Fortunately this was not my first rodeo. I already had an extension I put in the oven earlier that could help me parse this output. Ie once it is downloaded… using these commands

cv en systemtools

redis-cli monitor > /tmp/redis.log

cv api4 Redislog.parse fileName=/tmp/redis.log

This gives us some output with some immediate clues that something is wrong. The screenshot below shows the first part of the output.  Under ‘duplicate_hits’  we see that connection 56668 did 59 GET calls and 58 SET calls on a single key in the metadata cache.

So what does that mean?

Well CiviCRM has a bunch of different caches defined here - in the above output we can see two in action - the line GET - crm/settings is the settings cache - referred to in codes as \Civi::cache('settings'); whereas the GET - crm/metadata is the metadata cache - \Civi::cache('metadata')

.

Both of these caches are ‘fastArray’ caches - which means that once the date for a given cache key has been returned once, is it stored in a php array for the rest of the php process - so in most php requests there should be only one call to the Redis cache for each key.. So, why is it not getting the values from the php array cache?

This is where the second part of the command line output comes into play - all the log lines have been output to a file called “redis_parsed.log” (per the output above). Once I open that file in Excel I can use some basic filtering to see what is happening with a given process. There are two things I’m looking for - either signs of the fast array cache being bypassed or signs of excessive cache clears. In the output below I see the latter - the ‘DEL’ (delete) action appear repeatedly. That tells me that the metadata cache is being cleared multiple times in the course of the process - requiring it to be rebuilt repeatedly.

So - I know what I’m looking for for is the metadata cache being cleared excessively so time to poke around in the code for when it is cleared 

(there were some calls to the legacy function too)

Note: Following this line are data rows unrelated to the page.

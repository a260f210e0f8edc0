-- ===== src/Idempotency/Kept.antt =====
-- internal/transport/http/idempotency.go: an outcome is found again while it is young enough and
-- the cache has room for what comes after it.
use dispatch_lab.Prelude.{
  ℕ, suc, ◌+◌, ◌-◌, ◌≤◌, String, ◌≡◌, refl, Bool, true, false, not, Option, none, some, List, [],
  ◌∷◌, arith, All, length, ltb, leb, str_eq, if◌then◌else◌, of_if, of_option,
}
use dispatch_lab.Prelude.Map.{
  lookup, insert, lookup-insert, lookup-insert_self, lookup-erase, length-insert-le,
  length-erase-le,
}
use dispatch_lab.Idempotency.{StoredResponse, Cache, is_expired, get, put, evict, size}
use dispatch_lab.Idempotency.Bounds.{Call, get_call, put_call, calls}

-- The call is about another key.
abbrev pub is_apart : String → Call → Bool
is_apart key (get_call now other) = not (str_eq other key)
is_apart key (put_call now other response) = not (str_eq other key)

-- The writes among the calls.
abbrev pub writes : List Call → ℕ
writes [] = 0
writes (get_call now key ∷ xs) = writes xs
writes (put_call now key response ∷ xs) = suc (writes xs)

-- The outcome is there, and there is room for `n` more.
record Kept (key : String) (r : StoredResponse) (life cap n : ℕ) (c : Cache) : Type 0 where
  there : lookup key c.entries ≡ some r
  room : length c.entries + n ≤ cap
  ttl : c.ttl ≡ life
  max : c.max ≡ cap

not_full : (n k l max : ℕ) → n + suc k ≤ l → max ≡ l → leb max n ≡ false
not_full n k l max h e = ground (arith, h, e)

get-Kept :
    (key other : String) (r : StoredResponse) (ttl max n now : ℕ) (c : Cache)
    → str_eq other key ≡ false
    → Kept key r ttl max n c
    → Kept key r ttl max n (get c now other).0
unfolding get
get-Kept key other r ttl max n now c apart k =
    let P : Cache × Option StoredResponse → Type 0 = λ p. Kept key r ttl max n p.0 in
    of_option P (lookup other c.entries) _ _ (λ _. k)
      λ x _.
        of_if P (is_expired c.ttl now x) _ _
          (λ _. record {
            there = ground (arith, lookup-erase other key c.entries, apart, k.there);
            room = omega (arith, k.room, length-erase-le other c.entries);
            ttl = k.ttl;
            max = k.max;
          })
          (λ _. k)

put-Kept :
    (key other : String) (r response : StoredResponse) (ttl max n now : ℕ) (c : Cache)
    → str_eq other key ≡ false
    → Kept key r ttl max (suc n) c
    → Kept key r ttl max n (put c now other response)
unfolding put
put-Kept key other r response ttl max n now c apart k =
    let x = record response { stored_at = now } in
    of_if (λ (d : Cache). Kept key r ttl max n (record d { entries = insert other x d.entries }))
      (leb c.max (length c.entries)) _ _
      (λ full. cc (full, not_full (length c.entries) n max c.max k.room k.max))
      (λ room. record {
        there = ground (arith, lookup-insert other key x c.entries, apart, k.there);
        room = omega (arith, k.room, length-insert-le other x c.entries);
        ttl = k.ttl;
        max = k.max;
      })

calls-Kept :
    (key : String) (r : StoredResponse) (ttl max : ℕ) (c : Cache) (xs : List Call)
    → All (λ x. is_apart key x ≡ true) xs
    → Kept key r ttl max (writes xs) c
    → Kept key r ttl max 0 (calls c xs)
calls-Kept key r ttl max c [] a k = k
calls-Kept key r ttl max c (get_call now other ∷ xs) a k =
    calls-Kept key r ttl max (get c now other).0 xs a.1
      (get-Kept key other r ttl max (writes xs) now c (ground (arith, a.0)) k)
calls-Kept key r ttl max c (put_call now other response ∷ xs) a k =
    calls-Kept key r ttl max (put c now other response) xs a.1
      (put-Kept key other r response ttl max (writes xs) now c (ground (arith, a.0)) k)

put-there :
    (c : Cache) (now : ℕ) (key : String) (response : StoredResponse)
    → (lookup key (put c now key response).entries ≡ some (record response { stored_at = now }))
      × ((put c now key response).ttl ≡ c.ttl)
      × ((put c now key response).max ≡ c.max)
unfolding put evict
put-there c now key response =
    let r = record response { stored_at = now } in
    of_if
      (λ (d : Cache).
        (lookup key (insert key r d.entries) ≡ some r) × (d.ttl ≡ c.ttl) × (d.max ≡ c.max))
      (leb c.max (length c.entries)) _ _ (λ _. (lookup-insert_self key r _, refl, refl))
      (λ _. (lookup-insert_self key r _, refl, refl))

get_known :
    (d : Cache) (later ttl : ℕ) (key : String) (r : StoredResponse)
    → lookup key d.entries ≡ some r
    → d.ttl ≡ ttl
    → (get d later key).1 ≡ (if ltb ttl (later - r.stored_at) then none else some r)
unfolding get
get_known d later ttl key r h e =
    rw (get, h)
      (of_if
        (λ (p : Cache × Option StoredResponse).
          p.1 ≡ (if ltb ttl (later - r.stored_at) then none else some r))
        (is_expired d.ttl later r) _ _ (λ p. ground (arith, p, e)) (λ p. ground (arith, p, e)))

-- An outcome that was written is found as it was, with the time of the write, after any reads and
-- writes of other keys, as long as it is no older than the cache's limit; later it is not found. The
-- cache has room for the outcomes that it holds after the write and all those that are written since:
-- at its capacity it may drop the oldest.
pub get-calls :
    (c : Cache) (now later : ℕ) (key : String) (response : StoredResponse) (xs : List Call)
    → size (put c now key response) + writes xs ≤ c.max
    → All (λ x. is_apart key x ≡ true) xs
    → (get (calls (put c now key response) xs) later key).1
      ≡ (if ltb c.ttl (later - now) then none else some (record response { stored_at = now }))
unfolding size
get-calls c now later key response xs room apart =
    let d = put c now key response in
    let r = record response { stored_at = now } in
    let (there, ttl, max) = put-there c now key response in
    let k =
      calls-Kept key r c.ttl c.max d xs apart
        (record { there = there; room = room; ttl = ttl; max = max }) in
    get_known (calls d xs) later c.ttl key r k.there k.ttl
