-- ===== src/Matching.antt =====
-- internal/matching: orders to drivers. The children are the greedy matcher, the assignment
-- solver and the batch matcher that uses it.
pub mod Baseline
pub mod Assignment
pub mod Optimized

From here I poked around & when I got to the I18n file I saw that the code had been updated recently enough to have changed in our last code deploy (since we upgrade often we only had to look back up to 2 months)

And I was able to find the commit on github

We tested removing that line and our processing rate quintupled immediately.

Wrapping up

I’m not going to go into the details of why that change was made or my (current) efforts to put up a more durable fix as the goal of this blog was to talk through some of the techniques I use to get to the bottom of an obscure performance issue.

I would note, however, that on finding the issue was in the `setLocale()` function it made sense why we experience a slow down on sending letters compared to processing donations - swapLocale() is called in a couple of places in the process of rendering correspondence.

Comments

Thanks Eileen, I appreciate you sharing the details (especially the part about the night of sleep and coffee). I'm not sure I have ever solved a hard problem without both!